If Stewart's homemaker is chemist, artist and diplomat, then Lisa Ludwig is mad scientist, feminist and wedding-obsessed spinster (though in real life she's married to and has exhibited with artist Joe Havel). The elaborate tiered cakes Ludwig makes would make Stewart drool, but they aren't for eating -- indeed, one is titled Pretty Poison. While the ample cakes in Stewart's magazine teeter with loving imperfection, Ludwig's tilt ominously, spiked with wooden matches instead of waxy candles. Cake is a medium that Ludwig has been exploring for some time; her current show at Moody Gallery, the too cutely titled "Frostitution," is developed out of her 1995 "Introductions" show. For Ludwig, cake has become canvas -- but as intriguing as that sounds when you say it, it's also the source of a problem. Two decorated cakes are more inherently alike than two painted canvases, and as a result Ludwig's individual works have a sameness that borders on the bothersome.
"Frostitution" is dominated by five towering masterpiece "cakes" (actually frosted Styrofoam forms) and two series of smaller works, each presented in a baker's dozen: One series consists of miniature, elaborately iced "cakes" while the other is made up of cake slices. The miniature "cakes" are, like the larger ones, made of Styrofoam. But the slices are actual, fluffy cakes; mindless of Martha Stewart's warnings of the dire consequences of ingredient-tweaking, Ludwig has removed butter and oil from her recipe and slow-baked the results to a brick-like hardness.
The tone of the show is set by Ludwig's two large Rose Cakes. Each is 28 inches high and covered in layers of fat icing roses so thick that it's difficult to tell where one layer ends and the next begins. These Italianate delicacies would be fit for a Godfather wedding, were their elegance not killed by their ghoulish color -- one is a sick, saturated teal and the other a venomous, monochrome purple.

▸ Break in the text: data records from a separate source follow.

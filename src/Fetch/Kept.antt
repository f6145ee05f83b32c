-- ===== src/Fetch/Kept.antt =====
-- Which pages of a fetch hold the rows of a day.
use bagelquant_data.Prelude.{
  ℕ, zero, suc, ◌+◌, ◌≤◌, ◌<◌, ◌≡◌, refl, ap, ◌∙◌, Bool, true, false, not, ◌&&◌, ◌||◌, inl, inr,
  Option, none, some, List, [], ◌∷◌, ◌++◌, map, arith, ◌==◌, ltb, leb, if◌then◌else◌, Bool-cases,
}
use bagelquant_data.Fetch.Page.{
  KeyPart, Request, is_success, Problem, FetchPage, Outside, PageOptions, invalid_page, bound_pages,
  retained_bytes, drop_frame, all_success,
}
use bagelquant_data.Fetch.One.{judge, attempts_from, fetch_one}
use bagelquant_data.Fetch.Attempts.{Verdict-cases}
use bagelquant_data.Fetch.Offset.{
  is_repeated, remember, frame_digest, paged, fetch_page, offset_from, fetch_offset_pages,
}

abbrev pub within : ℕ → Option ℕ → Option ℕ → Bool
within d none b = false
within d (some a) none = false
within d (some a) (some b) = leb a d && leb d b

abbrev pub starts_at : ℕ → Option ℕ → Bool
starts_at o none = true
starts_at o (some p) = p == o

-- The page is not discarded, was asked for a range with the day, and is the first of its range: it has
-- no offset or the offset `o`.
abbrev pub holds_day : {Frame : Type 0} → ℕ → ℕ → FetchPage Frame → Bool
holds_day o d p =
    not p.discarded
    && within d p.request_params.start p.request_params.end
    && starts_at o p.request_params.offset

abbrev pub holding : {Frame : Type 0} → ℕ → ℕ → List (FetchPage Frame) → ℕ
holding o d [] = 0
holding o d (p ∷ ps) = (if holds_day o d p then 1 else 0) + holding o d ps

module _ {Frame : Type 0} where
  pub holding-append :
      (o d : ℕ) (ps qs : List (FetchPage Frame))
      → holding o d (ps ++ qs) ≡ holding o d ps + holding o d qs
  holding-append o d [] qs = omega arith
  holding-append o d (p ∷ ps) qs = omega (arith, holding-append o d ps qs)

  pub all_success-append :
      (ps qs : List (FetchPage Frame)) → all_success (ps ++ qs) ≡ (all_success ps && all_success qs)
  all_success-append [] qs = refl
  all_success-append (p ∷ ps) qs = ground (arith, all_success-append ps qs)

module _ {Frame W : Type 0} (env : Outside Frame W) where
  pub bounded_kept :
      (limit : ℕ) (key : List KeyPart) (request : Request) (ps : List (FetchPage Frame))
      → (bound_pages env limit key request ps).0 ≡ true
      → (bound_pages env limit key request ps).1 ≡ ps
  unfolding bound_pages
  bounded_kept limit key request ps h = elim (Bool-cases (leb (retained_bytes env ps) limit)) [
    | inl e ↦ rw (e, bound_pages) refl
    | inr e ↦ absurd (cc (rw (e, bound_pages) at h))
  ]

  pub bounded_failure :
      (limit : ℕ) (key : List KeyPart) (request : Request) (ps : List (FetchPage Frame))
      → (bound_pages env limit key request ps).0 ≡ false
      → all_success (bound_pages env limit key request ps).1 ≡ false
  unfolding bound_pages
  bounded_failure limit key request ps h = elim (Bool-cases (leb (retained_bytes env ps) limit)) [
    | inl e ↦ absurd (cc (rw (e, bound_pages) at h))
    | inr e ↦
        rw (e, bound_pages)
          (all_success-append (map (drop_frame env) ps) (
              record (invalid_page env key request Problem.buffer_exceeded) {
                buffer_limit_exceeded = true;
              }
              ∷ [])
            ∙ ground arith)
  ]

  -- The page of a call is for its request, and not discarded.
  pub fetched :
      (key : List KeyPart) (request : Request) (nonempty : Bool) (left attempt : ℕ)
      (last : Option Problem) (w : W)
      → ((attempts_from env key request nonempty left attempt last w).0.request_params ≡ request)
        × ((attempts_from env key request nonempty left attempt last w).0.discarded ≡ false)
  unfolding attempts_from
  fetched key request nonempty zero attempt last w = (refl, refl)
  fetched key request nonempty (suc left) attempt last w =
      let asked = env.cancelled w in
      let admission = env.admitted asked.1 in
      let answer = env.fetch request admission.1 in
      let pause = env.backed_off answer.1 in
      elim (Bool-cases asked.0) [
        | inl cancel ↦ rw (cancel, attempts_from) (refl, refl)
        | inr go ↦ elim (Bool-cases admission.0) [
          | inr deny ↦ rw (go, deny, attempts_from) (refl, refl)
          | inl admit ↦ elim (Verdict-cases (judge env nonempty answer.0)) [
            | inl good ↦ rw (go, admit, good.1, attempts_from) (refl, refl)
            | inr bad ↦ elim (Bool-cases (left == 0)) [
              | inl done ↦
                  rw (go, admit, bad.1, done, attempts_from)
                    (fetched key request nonempty left (attempt + 1) (some bad.0) answer.1)
              | inr more ↦ elim (Bool-cases pause.0) [
                | inl wait ↦
                    rw (go, admit, bad.1, more, wait, attempts_from)
                      (fetched key request nonempty left (attempt + 1) (some bad.0) pause.1)
                | inr quit ↦ rw (go, admit, bad.1, more, quit, attempts_from) (refl, refl)
              ]
            ]
          ]
        ]
      ]

  -- So a new page holds a day exactly when its request does.
  abbrev pub asks_day : ℕ → ℕ → Request → Bool
  asks_day o d r = within d r.start r.end && starts_at o r.offset

  holds-asks :
      (o d : ℕ) (p : FetchPage Frame) (r : Request)
      → p.request_params ≡ r
      → p.discarded ≡ false
      → holds_day o d p ≡ asks_day o d r
  holds-asks o d p r e k = rw (e, k) refl

  pub one_more :
      (o d : ℕ) (key : List KeyPart) (request : Request) (retries : ℕ) (nonempty : Bool) (w : W)
      (ps : List (FetchPage Frame))
      → holding o d (ps ++ (fetch_one env request key retries nonempty w).0 ∷ [])
        ≡ holding o d ps + (if asks_day o d request then 1 else 0)
  unfolding fetch_one
  one_more o d key request retries nonempty w ps =
      holding-append o d ps ((fetch_one env request key retries nonempty w).0 ∷ [])
      ∙ (let f = fetched key request nonempty retries 0 none w in
          rw (holds-asks o d (fetch_one env request key retries nonempty w).0 request f.0 f.1)
            (omega arith))

  pub refused_last :
      (ps : List (FetchPage Frame)) (key : List KeyPart) (request : Request) (problem : Problem)
      → all_success (ps ++ invalid_page env key request problem ∷ []) ≡ false
  refused_last ps key request problem =
      all_success-append ps (invalid_page env key request problem ∷ []) ∙ ground arith

  -- If every page is a success, `n` of them hold the day.
  abbrev pub Holding : ℕ → ℕ → ℕ → List (FetchPage Frame) × W → Type 0
  Holding o d n r = all_success r.0 ≡ true → holding o d r.0 ≡ n

  pub Holding-failed :
      (o d n : ℕ) (ps : List (FetchPage Frame)) (w : W)
      → all_success ps ≡ false
      → Holding o d n (ps, w)
  Holding-failed o d n ps w failed succeeded = absurd (cc (failed, succeeded))

  module _ (options : PageOptions) (request : Request) (key : List KeyPart) (d : ℕ) where
    offset_from-Holding :
        (left index offset : ℕ) (seen : List ℕ) (pages : List (FetchPage Frame)) (w : W)
        → 0 < options.page_size
        → options.offset_start ≤ offset
        → Holding options.offset_start d
            (holding options.offset_start d pages
              + (if within d request.start request.end && offset == options.offset_start
                  then 1
                  else 0))
            (offset_from env options request key left index offset seen pages w)
    unfolding offset_from
    offset_from-Holding zero index offset seen pages w size later =
        Holding-failed options.offset_start d
          (holding options.offset_start d pages
            + (if within d request.start request.end && offset == options.offset_start
                then 1
                else 0))
          (pages
            ++ invalid_page env (key ++ KeyPart.exhausted ∷ []) request Problem.max_pages_exhausted
              ∷ [])
          w (refused_last pages (key ++ KeyPart.exhausted ∷ []) request Problem.max_pages_exhausted)
    offset_from-Holding (suc left) index offset seen pages w size later =
        let o = options.offset_start in
        let got = fetch_page env options request key index offset w in
        let all_pages = pages ++ got.0 ∷ [] in
        let bounded = bound_pages env options.buffer_limit_bytes key request all_pages in
        let digest = frame_digest env options got.0.frame got.0.row_count in
        let n =
          holding o d pages
          + (if within d request.start request.end && offset == o then 1 else 0) in
        let counted : holding o d all_pages ≡ n =
          one_more o d (key ++ KeyPart.at index ∷ []) (paged env options request key offset)
            options.max_retries (index == 0 && options.require_nonempty_response) w pages in
        elim (Bool-cases bounded.0) [
          | inr over ↦
              rw (over, offset_from)
                (Holding-failed o d n bounded.1 got.1
                  (bounded_failure options.buffer_limit_bytes key request all_pages over))
          | inl fits ↦
              let same = bounded_kept options.buffer_limit_bytes key request all_pages fits in
              elim (Bool-cases (is_repeated digest seen)) [
                | inl again ↦
                    rw (fits, again, offset_from)
                      (Holding-failed o d n
                        (bounded.1 ++ invalid_page env key request Problem.repeated_page ∷ []) got.1
                        (refused_last bounded.1 key request Problem.repeated_page))
                | inr new ↦
                    elim (Bool-cases
                      (not (is_success got.0.status) || ltb got.0.row_count options.page_size)) [
                        | inl last ↦
                            rw (fits, new, last, offset_from) (λ h. ap (holding o d) same ∙ counted)
                        | inr more ↦
                            rw (fits, new, more, offset_from)
                              (λ h.
                                offset_from-Holding left (index + 1) (offset + options.page_size)
                                  (remember digest seen) bounded.1 got.1 size (omega (arith, later))
                                  h
                                ∙ ground (arith, ap (holding o d) same ∙ counted, size, later))
                      ]
              ]
        ]

    -- Offset pages that all succeed hold each day of the request once.
    pub fetch_offset_pages-Holding :
        (w : W)
        → 0 < options.page_size
        → Holding options.offset_start d
            (if within d request.start request.end then 1 else 0)
            (fetch_offset_pages env options request key w)
    unfolding fetch_offset_pages
    fetch_offset_pages-Holding w size h =
        offset_from-Holding options.max_pages 0 options.offset_start [] [] w size (omega arith) h
        ∙ ground arith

Ludwig's work emphasizes the painstaking architecture of cake building, aligning it with the traditionally male provenance of construction (in fact, traditional cake decorations such as bows and columns are related to architectural frippery). Still, Ludwig's larger cakes have a human presence that skyscrapers do not. Tears -- a piece that, due to its elegiac tone, should be the last work you see in the show, but instead is the first -- is a seven-tier, funereal tower of Pisa. Wearing a mourning veil fashioned from threaded needles jabbed into each layer of the black cake, the four-foot Tears leans off its pedestal as if contemplating a fall. Tears (why does Ludwig have such a penchant for terrible titles?) is the negation of a celebration, a cake that needs dusting. It's a cake that Martha Stewart, bless her, would hide in the closet.
In her "Baker's Dozen" series, Ludwig is a saboteur, suggesting a subtle terrorist threat to the delicate construction of her miniature cakes. Each is done primly in white, yellow and blue, like a small town decked out for an Easter celebration. Into each, the artist has embedded unlit matches, little land mines waiting to be sparked. Operating much the same way as the tiny eggs and birth control pills Ludwig used to decorate earlier cake works, the matches add a formal and symbolic oomph to a too-pretty series. Thirteen of these little beauties should be plenty, but for Ludwig, unfortunately, it's not: She milks her idea in Pretty Poison, a large black cake with match-head florets.
The "Endless Summer" series -- which consists of 13 doublewide slices of a giant three-layer cake, each petrifying in its individual glass vitrine -- contains the show's most powerful works. The flesh of the cake is an angry red velvet; slabs of thick, white icing slide off the sides of the pieces into creamy, frilly puddles. The layers of each piece sit slightly askew, tectonically dislodged. These servings, no matter how generous, glower with a mildly paranoid housewife subtext; the title itself suggests not the idylls of the Beach Boys album of the same name, but entrapment and boredom. These works have the deliberate bitterness of a Sylvia Plath poem. Plath stuck her head in the oven; Ludwig substituted a cake.
Ludwig's choice is more productive, to be sure. In fact, the artist has provided a literal feast for the eyes. In doing so, she does what art supposedly ought to do in the same way a housewife puts dinner on the table every night. But there again is that inarguable subversion: Ludwig's cakes as art are the very opposite of food.